Segment Start: Material provided

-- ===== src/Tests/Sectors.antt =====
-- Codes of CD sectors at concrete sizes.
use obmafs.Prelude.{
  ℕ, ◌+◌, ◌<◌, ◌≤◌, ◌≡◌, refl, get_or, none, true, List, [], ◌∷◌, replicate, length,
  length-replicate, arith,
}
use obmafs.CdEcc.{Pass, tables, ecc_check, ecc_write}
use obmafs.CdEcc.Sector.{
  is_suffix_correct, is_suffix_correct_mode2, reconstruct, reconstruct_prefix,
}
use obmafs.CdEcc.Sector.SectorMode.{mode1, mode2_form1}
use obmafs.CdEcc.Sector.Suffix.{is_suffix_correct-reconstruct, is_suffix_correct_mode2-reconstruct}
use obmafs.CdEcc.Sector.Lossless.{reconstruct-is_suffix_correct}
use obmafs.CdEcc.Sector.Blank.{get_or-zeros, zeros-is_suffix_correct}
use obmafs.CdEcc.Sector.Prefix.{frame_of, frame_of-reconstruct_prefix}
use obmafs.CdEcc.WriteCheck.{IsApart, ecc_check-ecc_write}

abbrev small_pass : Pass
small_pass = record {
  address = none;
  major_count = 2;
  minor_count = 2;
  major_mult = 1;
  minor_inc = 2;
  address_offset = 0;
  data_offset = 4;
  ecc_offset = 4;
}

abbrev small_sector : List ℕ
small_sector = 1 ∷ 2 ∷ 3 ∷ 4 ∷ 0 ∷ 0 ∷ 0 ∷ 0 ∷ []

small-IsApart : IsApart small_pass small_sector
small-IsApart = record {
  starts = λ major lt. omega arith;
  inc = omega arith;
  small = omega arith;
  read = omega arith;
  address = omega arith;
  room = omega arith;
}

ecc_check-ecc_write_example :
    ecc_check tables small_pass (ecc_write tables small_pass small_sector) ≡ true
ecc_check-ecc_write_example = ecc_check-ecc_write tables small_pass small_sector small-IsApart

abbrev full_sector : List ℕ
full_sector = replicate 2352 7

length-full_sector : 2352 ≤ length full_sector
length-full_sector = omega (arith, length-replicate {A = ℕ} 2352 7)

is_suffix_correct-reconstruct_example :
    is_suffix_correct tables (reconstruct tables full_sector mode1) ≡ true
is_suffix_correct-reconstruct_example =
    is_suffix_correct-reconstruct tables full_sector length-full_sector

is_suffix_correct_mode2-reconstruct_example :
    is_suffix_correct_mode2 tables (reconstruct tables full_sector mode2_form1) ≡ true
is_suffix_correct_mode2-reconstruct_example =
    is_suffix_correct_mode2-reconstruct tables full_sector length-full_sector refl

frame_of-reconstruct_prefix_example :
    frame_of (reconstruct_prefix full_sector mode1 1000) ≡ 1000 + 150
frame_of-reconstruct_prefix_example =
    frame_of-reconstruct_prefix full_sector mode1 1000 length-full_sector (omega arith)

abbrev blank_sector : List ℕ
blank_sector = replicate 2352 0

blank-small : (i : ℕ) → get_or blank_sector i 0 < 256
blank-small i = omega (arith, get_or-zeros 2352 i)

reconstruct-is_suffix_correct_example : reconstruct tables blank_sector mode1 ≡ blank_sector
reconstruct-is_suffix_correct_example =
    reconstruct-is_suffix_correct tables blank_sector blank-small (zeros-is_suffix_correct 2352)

Segment End: Material provided

(Problem requirements) Return the lines above exactly, keeping every word.

(Exercise output)
-- ===== src/Tests/Sectors.antt =====
-- Codes of CD sectors at concrete sizes.
use obmafs.Prelude.{
  ℕ, ◌+◌, ◌<◌, ◌≤◌, ◌≡◌, refl, get_or, none, true, List, [], ◌∷◌, replicate, length,
  length-replicate, arith,
}
use obmafs.CdEcc.{Pass, tables, ecc_check, ecc_write}
use obmafs.CdEcc.Sector.{
  is_suffix_correct, is_suffix_correct_mode2, reconstruct, reconstruct_prefix,
}
use obmafs.CdEcc.Sector.SectorMode.{mode1, mode2_form1}
use obmafs.CdEcc.Sector.Suffix.{is_suffix_correct-reconstruct, is_suffix_correct_mode2-reconstruct}
use obmafs.CdEcc.Sector.Lossless.{reconstruct-is_suffix_correct}
use obmafs.CdEcc.Sector.Blank.{get_or-zeros, zeros-is_suffix_correct}
use obmafs.CdEcc.Sector.Prefix.{frame_of, frame_of-reconstruct_prefix}
use obmafs.CdEcc.WriteCheck.{IsApart, ecc_check-ecc_write}

abbrev small_pass : Pass
small_pass = record {
  address = none;
  major_count = 2;
  minor_count = 2;
  major_mult = 1;
  minor_inc = 2;
  address_offset = 0;
  data_offset = 4;
  ecc_offset = 4;
}

abbrev small_sector : List ℕ
small_sector = 1 ∷ 2 ∷ 3 ∷ 4 ∷ 0 ∷ 0 ∷ 0 ∷ 0 ∷ []

small-IsApart : IsApart small_pass small_sector
small-IsApart = record {
  starts = λ major lt. omega arith;
  inc = omega arith;
  small = omega arith;
  read = omega arith;
  address = omega arith;
  room = omega arith;
}

ecc_check-ecc_write_example :
    ecc_check tables small_pass (ecc_write tables small_pass small_sector) ≡ true
ecc_check-ecc_write_example = ecc_check-ecc_write tables small_pass small_sector small-IsApart

abbrev full_sector : List ℕ
full_sector = replicate 2352 7

length-full_sector : 2352 ≤ length full_sector
length-full_sector = omega (arith, length-replicate {A = ℕ} 2352 7)

is_suffix_correct-reconstruct_example :
    is_suffix_correct tables (reconstruct tables full_sector mode1) ≡ true
is_suffix_correct-reconstruct_example =
    is_suffix_correct-reconstruct tables full_sector length-full_sector

is_suffix_correct_mode2-reconstruct_example :
    is_suffix_correct_mode2 tables (reconstruct tables full_sector mode2_form1) ≡ true
is_suffix_correct_mode2-reconstruct_example =
    is_suffix_correct_mode2-reconstruct tables full_sector length-full_sector refl

frame_of-reconstruct_prefix_example :
    frame_of (reconstruct_prefix full_sector mode1 1000) ≡ 1000 + 150
frame_of-reconstruct_prefix_example =
    frame_of-reconstruct_prefix full_sector mode1 1000 length-full_sector (omega arith)

abbrev blank_sector : List ℕ
blank_sector = replicate 2352 0

blank-small : (i : ℕ) → get_or blank_sector i 0 < 256
blank-small i = omega (arith, get_or-zeros 2352 i)

reconstruct-is_suffix_correct_example : reconstruct tables blank_sector mode1 ≡ blank_sector
reconstruct-is_suffix_correct_example =
    reconstruct-is_suffix_correct tables blank_sector blank-small (zeros-is_suffix_correct 2352)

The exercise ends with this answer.